*WORK ITEM:*
What lines below include the string "IsUniCode"? Pick them out and copy them.

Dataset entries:
━━━━━━━━━━━━━━━━
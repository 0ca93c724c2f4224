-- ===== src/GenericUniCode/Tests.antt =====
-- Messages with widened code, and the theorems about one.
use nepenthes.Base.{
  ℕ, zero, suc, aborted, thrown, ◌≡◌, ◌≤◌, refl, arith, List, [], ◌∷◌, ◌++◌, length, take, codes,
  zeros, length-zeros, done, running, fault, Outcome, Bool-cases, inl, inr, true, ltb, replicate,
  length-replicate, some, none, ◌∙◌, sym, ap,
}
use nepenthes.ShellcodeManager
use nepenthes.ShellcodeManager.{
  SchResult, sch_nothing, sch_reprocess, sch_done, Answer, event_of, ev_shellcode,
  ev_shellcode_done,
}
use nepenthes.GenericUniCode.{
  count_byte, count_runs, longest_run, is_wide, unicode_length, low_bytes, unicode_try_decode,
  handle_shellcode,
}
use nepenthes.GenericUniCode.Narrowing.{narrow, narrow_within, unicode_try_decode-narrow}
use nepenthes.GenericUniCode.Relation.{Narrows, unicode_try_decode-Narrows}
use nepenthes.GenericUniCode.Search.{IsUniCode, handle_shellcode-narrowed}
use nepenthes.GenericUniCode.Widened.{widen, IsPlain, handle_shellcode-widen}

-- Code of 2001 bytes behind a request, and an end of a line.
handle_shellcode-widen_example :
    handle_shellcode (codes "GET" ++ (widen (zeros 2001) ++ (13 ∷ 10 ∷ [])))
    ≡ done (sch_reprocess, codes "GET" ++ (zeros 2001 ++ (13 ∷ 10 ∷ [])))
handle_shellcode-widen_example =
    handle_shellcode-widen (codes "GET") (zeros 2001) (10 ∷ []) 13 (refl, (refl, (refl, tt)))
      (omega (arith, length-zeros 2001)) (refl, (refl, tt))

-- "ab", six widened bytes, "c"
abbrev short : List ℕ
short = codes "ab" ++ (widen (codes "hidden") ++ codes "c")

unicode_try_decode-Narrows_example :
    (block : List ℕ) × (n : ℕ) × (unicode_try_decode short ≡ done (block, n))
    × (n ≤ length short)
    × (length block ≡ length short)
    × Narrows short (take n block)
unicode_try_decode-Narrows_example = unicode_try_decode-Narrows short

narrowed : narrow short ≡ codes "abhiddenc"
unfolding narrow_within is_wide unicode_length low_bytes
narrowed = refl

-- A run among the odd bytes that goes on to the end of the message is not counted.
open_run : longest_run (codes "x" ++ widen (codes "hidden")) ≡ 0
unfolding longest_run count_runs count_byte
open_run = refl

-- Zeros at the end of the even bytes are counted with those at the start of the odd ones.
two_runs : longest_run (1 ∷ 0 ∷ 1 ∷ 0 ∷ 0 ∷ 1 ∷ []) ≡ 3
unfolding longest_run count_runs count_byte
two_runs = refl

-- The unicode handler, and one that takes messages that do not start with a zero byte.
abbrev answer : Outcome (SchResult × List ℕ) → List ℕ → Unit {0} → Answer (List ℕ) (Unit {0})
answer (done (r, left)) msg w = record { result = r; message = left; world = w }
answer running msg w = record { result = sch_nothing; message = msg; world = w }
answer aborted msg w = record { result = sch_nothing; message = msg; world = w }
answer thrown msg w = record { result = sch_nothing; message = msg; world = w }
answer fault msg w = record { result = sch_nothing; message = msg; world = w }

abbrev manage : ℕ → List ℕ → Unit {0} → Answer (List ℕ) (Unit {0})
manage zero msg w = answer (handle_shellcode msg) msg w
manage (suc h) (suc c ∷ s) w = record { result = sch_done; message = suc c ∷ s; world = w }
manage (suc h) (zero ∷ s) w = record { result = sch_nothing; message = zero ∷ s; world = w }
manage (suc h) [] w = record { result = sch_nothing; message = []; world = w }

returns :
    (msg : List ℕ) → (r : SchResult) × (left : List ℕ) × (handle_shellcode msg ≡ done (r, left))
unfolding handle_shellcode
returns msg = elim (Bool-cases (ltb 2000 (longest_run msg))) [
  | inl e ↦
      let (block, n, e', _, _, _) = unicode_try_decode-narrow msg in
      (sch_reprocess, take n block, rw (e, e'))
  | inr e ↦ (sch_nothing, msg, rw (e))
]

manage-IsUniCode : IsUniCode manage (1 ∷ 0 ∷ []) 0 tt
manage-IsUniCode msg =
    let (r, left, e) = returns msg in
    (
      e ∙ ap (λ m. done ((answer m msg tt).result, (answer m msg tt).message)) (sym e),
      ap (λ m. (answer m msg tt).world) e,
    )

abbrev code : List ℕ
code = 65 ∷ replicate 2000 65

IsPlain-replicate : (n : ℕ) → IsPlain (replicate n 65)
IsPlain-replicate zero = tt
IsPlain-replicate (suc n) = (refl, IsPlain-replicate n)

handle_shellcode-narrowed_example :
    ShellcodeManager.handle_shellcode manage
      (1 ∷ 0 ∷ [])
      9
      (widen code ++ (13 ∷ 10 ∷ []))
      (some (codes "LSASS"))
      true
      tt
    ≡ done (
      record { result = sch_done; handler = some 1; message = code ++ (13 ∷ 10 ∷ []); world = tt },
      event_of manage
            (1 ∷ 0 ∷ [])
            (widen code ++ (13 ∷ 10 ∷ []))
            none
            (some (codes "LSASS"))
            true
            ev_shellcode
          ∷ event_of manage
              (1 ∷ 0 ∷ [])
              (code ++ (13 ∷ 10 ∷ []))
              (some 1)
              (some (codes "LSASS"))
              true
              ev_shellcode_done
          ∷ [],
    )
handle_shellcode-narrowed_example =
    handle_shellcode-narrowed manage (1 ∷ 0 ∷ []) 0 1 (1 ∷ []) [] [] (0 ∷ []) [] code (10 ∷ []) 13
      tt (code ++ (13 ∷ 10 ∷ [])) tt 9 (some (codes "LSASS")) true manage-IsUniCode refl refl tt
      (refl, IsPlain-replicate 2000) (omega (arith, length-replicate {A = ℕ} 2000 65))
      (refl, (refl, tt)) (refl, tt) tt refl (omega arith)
━━━━━━━━━━━━━━━━
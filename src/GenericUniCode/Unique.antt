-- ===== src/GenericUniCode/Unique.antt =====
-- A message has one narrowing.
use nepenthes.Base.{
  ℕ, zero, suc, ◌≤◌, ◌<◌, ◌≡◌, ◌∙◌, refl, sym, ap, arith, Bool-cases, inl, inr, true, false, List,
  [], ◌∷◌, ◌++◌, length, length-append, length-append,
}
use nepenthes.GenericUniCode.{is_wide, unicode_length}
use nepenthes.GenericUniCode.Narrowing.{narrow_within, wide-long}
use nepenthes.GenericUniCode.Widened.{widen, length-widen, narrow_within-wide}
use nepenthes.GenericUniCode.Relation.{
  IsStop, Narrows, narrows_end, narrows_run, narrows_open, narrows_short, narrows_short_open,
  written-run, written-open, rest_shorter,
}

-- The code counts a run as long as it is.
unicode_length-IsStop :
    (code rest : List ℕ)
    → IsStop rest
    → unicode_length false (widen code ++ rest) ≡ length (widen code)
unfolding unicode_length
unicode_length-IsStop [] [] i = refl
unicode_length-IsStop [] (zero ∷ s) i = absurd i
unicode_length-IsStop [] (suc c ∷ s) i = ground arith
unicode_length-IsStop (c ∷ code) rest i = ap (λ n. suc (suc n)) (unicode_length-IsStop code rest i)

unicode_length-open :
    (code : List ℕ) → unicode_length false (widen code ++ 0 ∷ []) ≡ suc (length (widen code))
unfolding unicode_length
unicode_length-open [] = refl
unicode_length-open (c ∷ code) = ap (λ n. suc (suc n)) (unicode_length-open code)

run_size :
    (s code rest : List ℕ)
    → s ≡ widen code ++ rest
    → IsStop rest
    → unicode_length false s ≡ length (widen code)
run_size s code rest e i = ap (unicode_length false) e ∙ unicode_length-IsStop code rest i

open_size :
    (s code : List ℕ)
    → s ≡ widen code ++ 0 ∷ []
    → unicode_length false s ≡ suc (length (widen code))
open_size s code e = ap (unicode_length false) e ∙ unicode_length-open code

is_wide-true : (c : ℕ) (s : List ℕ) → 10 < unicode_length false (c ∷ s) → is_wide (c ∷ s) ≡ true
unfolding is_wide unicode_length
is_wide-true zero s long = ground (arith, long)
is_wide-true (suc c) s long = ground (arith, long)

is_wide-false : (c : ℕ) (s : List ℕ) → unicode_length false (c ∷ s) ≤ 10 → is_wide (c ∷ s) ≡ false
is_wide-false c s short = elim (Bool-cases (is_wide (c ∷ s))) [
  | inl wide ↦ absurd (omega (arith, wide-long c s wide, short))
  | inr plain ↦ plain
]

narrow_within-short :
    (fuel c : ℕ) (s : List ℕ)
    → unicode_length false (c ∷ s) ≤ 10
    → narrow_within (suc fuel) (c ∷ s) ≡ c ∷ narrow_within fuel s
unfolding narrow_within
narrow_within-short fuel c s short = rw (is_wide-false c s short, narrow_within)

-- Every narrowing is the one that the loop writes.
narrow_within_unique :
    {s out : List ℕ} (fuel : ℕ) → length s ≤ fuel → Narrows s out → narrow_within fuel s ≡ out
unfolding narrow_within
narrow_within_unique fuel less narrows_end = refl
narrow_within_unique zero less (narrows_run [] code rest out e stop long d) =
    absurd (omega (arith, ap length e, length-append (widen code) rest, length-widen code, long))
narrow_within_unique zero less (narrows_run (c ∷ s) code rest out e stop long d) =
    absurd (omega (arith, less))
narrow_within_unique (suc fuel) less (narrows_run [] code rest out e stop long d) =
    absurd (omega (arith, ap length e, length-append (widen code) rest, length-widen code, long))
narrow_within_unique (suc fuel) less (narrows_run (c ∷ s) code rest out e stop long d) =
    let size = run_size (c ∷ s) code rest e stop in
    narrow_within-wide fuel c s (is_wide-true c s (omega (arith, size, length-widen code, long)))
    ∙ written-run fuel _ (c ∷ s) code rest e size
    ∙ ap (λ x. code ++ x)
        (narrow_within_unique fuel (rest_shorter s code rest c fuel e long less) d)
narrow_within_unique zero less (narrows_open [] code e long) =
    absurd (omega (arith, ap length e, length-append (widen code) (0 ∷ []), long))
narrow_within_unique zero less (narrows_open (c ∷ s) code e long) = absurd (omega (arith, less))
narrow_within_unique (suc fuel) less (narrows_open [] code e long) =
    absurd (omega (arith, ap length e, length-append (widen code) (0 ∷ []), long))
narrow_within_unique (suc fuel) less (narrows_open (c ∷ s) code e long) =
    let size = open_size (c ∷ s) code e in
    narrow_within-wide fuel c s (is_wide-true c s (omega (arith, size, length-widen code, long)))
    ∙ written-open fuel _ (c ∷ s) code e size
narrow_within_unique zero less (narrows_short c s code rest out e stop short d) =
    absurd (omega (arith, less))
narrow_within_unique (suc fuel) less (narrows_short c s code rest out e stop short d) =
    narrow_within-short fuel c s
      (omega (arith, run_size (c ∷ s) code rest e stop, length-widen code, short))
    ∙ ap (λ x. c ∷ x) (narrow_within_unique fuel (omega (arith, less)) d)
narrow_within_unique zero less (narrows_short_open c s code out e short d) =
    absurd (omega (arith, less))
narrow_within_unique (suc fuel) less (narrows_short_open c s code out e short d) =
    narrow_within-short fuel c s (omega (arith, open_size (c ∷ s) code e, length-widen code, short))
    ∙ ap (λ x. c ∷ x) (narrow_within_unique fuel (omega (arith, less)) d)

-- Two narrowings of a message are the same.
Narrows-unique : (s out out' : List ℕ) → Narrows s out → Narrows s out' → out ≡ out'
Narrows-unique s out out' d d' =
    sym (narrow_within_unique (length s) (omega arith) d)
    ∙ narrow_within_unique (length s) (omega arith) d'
━━━━━━━━━━━━━━━━
*TASK SOLUTION:*
use nepenthes.GenericUniCode.Search.{IsUniCode, handle_shellcode-narrowed}
manage-IsUniCode : IsUniCode manage (1 ∷ 0 ∷ []) 0 tt
manage-IsUniCode msg =
      tt (code ++ (13 ∷ 10 ∷ [])) tt 9 (some (codes "LSASS")) true manage-IsUniCode refl refl tt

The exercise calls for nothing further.